Statistical Methods for Association Mapping
Statistical Methods for Association Mapping, spring 2008
This course will introduce association mapping and the statistical methods and computational techniques needed. The course will be based on chapters 7, and 8 of the book Association Mapping in Plants, together with case studies of recent large scale case-control studies of human disease.
Association mapping is a gene mapping method based on detecting and utilising population-level associations — i.e. non-independence or `linkage disequilibrium' between genetic loci, e.g. between DNA markers and traits of interest. There is interest in using association mapping to find genetic loci associated with variation in complex traits and diseases.
The advent of dense maps (e.g. 500,000 or more) of SNP markers covering the genome, and technologies for screening large numbers of markers per individual is leading to generation of vast amounts of genomic data. However, obtaining useful information from the data is non-trivial, and many published associations are spurious. Statistical methods for analysing the data will be presented. Experimental designs with sufficient power, to overcome the low prior odds for genomic associations, are equally vital. The course will introduce methods and software for ensuring designs have sufficient power to obtain reasonable posterior odds for associations.

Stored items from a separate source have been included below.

-- ===== src/Oauth/Model.antt =====
-- backend/app/mcp/oauth: the keys and lifetimes of `_redis.py`, the tokens and codes, and Redis as
-- a parameter.
use Prim.Native.String.{◌++◌ as append}
use claude_todo.Prelude.{
  ℕ, ◌+◌, ◌-◌, ◌*◌, ◌/◌, ◌≤◌, String, ◌≡◌, ◌↔◌, ap, Bool, true, false, ◌&&◌, Option, none, some,
  List, [], ◌∷◌, ◌==◌, Eq, string_eq, if◌then◌else◌, ltb, contains, arith,
}

abbrev pub Key : Type 0
Key = String × String

abbrev pub key_same : Key → Key → Bool
key_same a b = a.0 == b.0 && a.1 == b.1

pub key_same_iff : (a b : Key) → (key_same a b ≡ true) ↔ (a ≡ b)
key_same_iff (x, m) (y, n) = (
  λ h. cc (
    (string_eq.beq_iff x y).0 (ground (arith, h)),
    (string_eq.beq_iff m n).0 (ground (arith, h)),
  ),
  λ e. ground (
    arith,
    (string_eq.beq_iff x y).1 (ap (λ (k : Key). k.0) e),
    (string_eq.beq_iff m n).1 (ap (λ (k : Key). k.1) e),
  ),
)

instance abbrev pub key_eq : Eq Key
key_eq = record { beq = key_same; beq_iff = key_same_iff }

abbrev pub key_auth_code : String → Key
key_auth_code code = ("todo:mcp:auth_code:", code)

abbrev pub key_access_token : String → Key
key_access_token token = ("todo:mcp:access_token:", token)

abbrev pub key_refresh_token : String → Key
key_refresh_token token = ("todo:mcp:refresh_token:", token)

abbrev pub key_a2r : String → Key
key_a2r token = ("todo:mcp:a2r:", token)

abbrev pub key_r2a : String → Key
key_r2a token = ("todo:mcp:r2a:", token)

-- The claims hold a user or nothing.
pub record AccessToken : Type 0 where
  pub token : String
  pub client_id : String
  pub scopes : List String
  pub expires_at : Option ℕ
  pub claims : Option String

pub record RefreshToken : Type 0 where
  pub token : String
  pub client_id : String
  pub scopes : List String
  pub expires_at : Option ℕ

-- The fields that are read here; only a `TodoAuthorizationCode` has a user.
pub record AuthorizationCode : Type 0 where
  pub code : String
  pub client_id : String
  pub scopes : List String
  pub expires_at : ℕ
  pub user_id : Option String

pub data Stored : Type 0 where
  access_stored : AccessToken → Stored
  refresh_stored : RefreshToken → Stored
  code_stored : AuthorizationCode → Stored
  text_stored : String → Stored

abbrev pub second : ℕ
second = 1000000

-- SET with `ex`, GET and DEL, as Redis documents them. GET is asked at a time.
pub record TokenStore : Type 1 where
  pub Store : Type 0
  pub get : ℕ → Store → Key → Option Stored
  pub set : ℕ → Key → Stored → ℕ → Store → Store
  pub del : List Key → Store → Store
  pub get_set :
      (t now : ℕ) (s : Store) (key other : Key) (v : Stored) (ex : ℕ)
      → now ≤ t
      → get t (set now key v ex s) other ≡ (
          if key == other
          then (if ltb t (now + ex * second) then some v else none)
          else get t s other)
  pub get_del :
      (t : ℕ) (s : Store) (keys : List Key) (key : Key)
      → get t (del keys s) key ≡ (if contains keys key then none else get t s key)

pub data TokenError : Type 0 where
  invalid_grant invalid_client invalid_scope user_disabled : TokenError

pub data Granted (A : Type 0) : Type 0 where
  granted : A → Granted A
  refused : TokenError → Granted A

pub record OAuthToken : Type 0 where
  pub access_token : String
  pub expires_in : ℕ
  pub refresh_token : String
  pub scope : Option String

abbrev pub default_access_token_expiry : ℕ
default_access_token_expiry = 604800

abbrev pub fallback_ttl : ℕ
fallback_ttl = 2592000

-- A text that is not empty.
abbrev pub filled : Option String → Option String
filled none = none
filled (some text) = if text == "" then none else some text

abbrev pub join : List String → String
join [] = ""
join (x ∷ []) = x
join (x ∷ y ∷ rest) = append x (append " " (join (y ∷ rest)))

abbrev pub as_text : Option Stored → Option String
as_text (some (text_stored text)) = some text
as_text _ = none

abbrev pub as_access : Option Stored → Option AccessToken
as_access (some (access_stored token)) = some token
as_access _ = none

abbrev pub as_refresh : Option Stored → Option RefreshToken
as_refresh (some (refresh_stored token)) = some token
as_refresh _ = none

abbrev pub as_code : Option Stored → Option AuthorizationCode
as_code (some (code_stored code)) = some code
as_code _ = none

-- `int(time.time() + DEFAULT_ACCESS_TOKEN_EXPIRY)`
abbrev pub access_expires_at : ℕ → ℕ
access_expires_at now = (now + default_access_token_expiry * second) / second

-- `max(int(expires_at - time.time()), 1)`
abbrev pub ttl_from_expires : ℕ → ℕ → ℕ
ttl_from_expires expires_at now =
    let remaining = (expires_at * second - now) / second in if ltb remaining 1 then 1 else remaining

abbrev pub is_expired : Option ℕ → ℕ → Bool
is_expired none now = false
is_expired (some expires_at) now = ltb (expires_at * second) now

abbrev pub all_in : List String → List String → Bool
all_in [] original = true
all_in (x ∷ xs) original = contains original x && all_in xs original

abbrev pub same_client : Option String → String → Bool
same_client none id = false
same_client (some own) id = own == id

The basic concepts of Bayesian statistics, and how to use them for testing scientific hypotheses will be introduced. This will enable computation of posterior probabilities for scientific hypotheses. A range of techniques including analytical approximate methods, conjugate prior distributions and MCMC sampling will be introduced. Bayesian computations for case studies will be demonstrated and compared with classical `frequentist' inference based on p-values, which will be shown to be particularly problematic in a genomics context.
The R system for data analysis and graphics and the BUGS system will be introduced, and the required computations demonstrated. R functions and libraries (ldDesign) will be provided.
The course will start from first principles of Bayesian statistics. Knowledge of the basics of calculus (differentiation, integration), matrix algebra, and probability theory will be an advantage. Basic knowledge of genetics (e.g. Mendelian inheritance, heritability) will also be an advantage. The course will aim to cater for both biologically and statistically oriented students.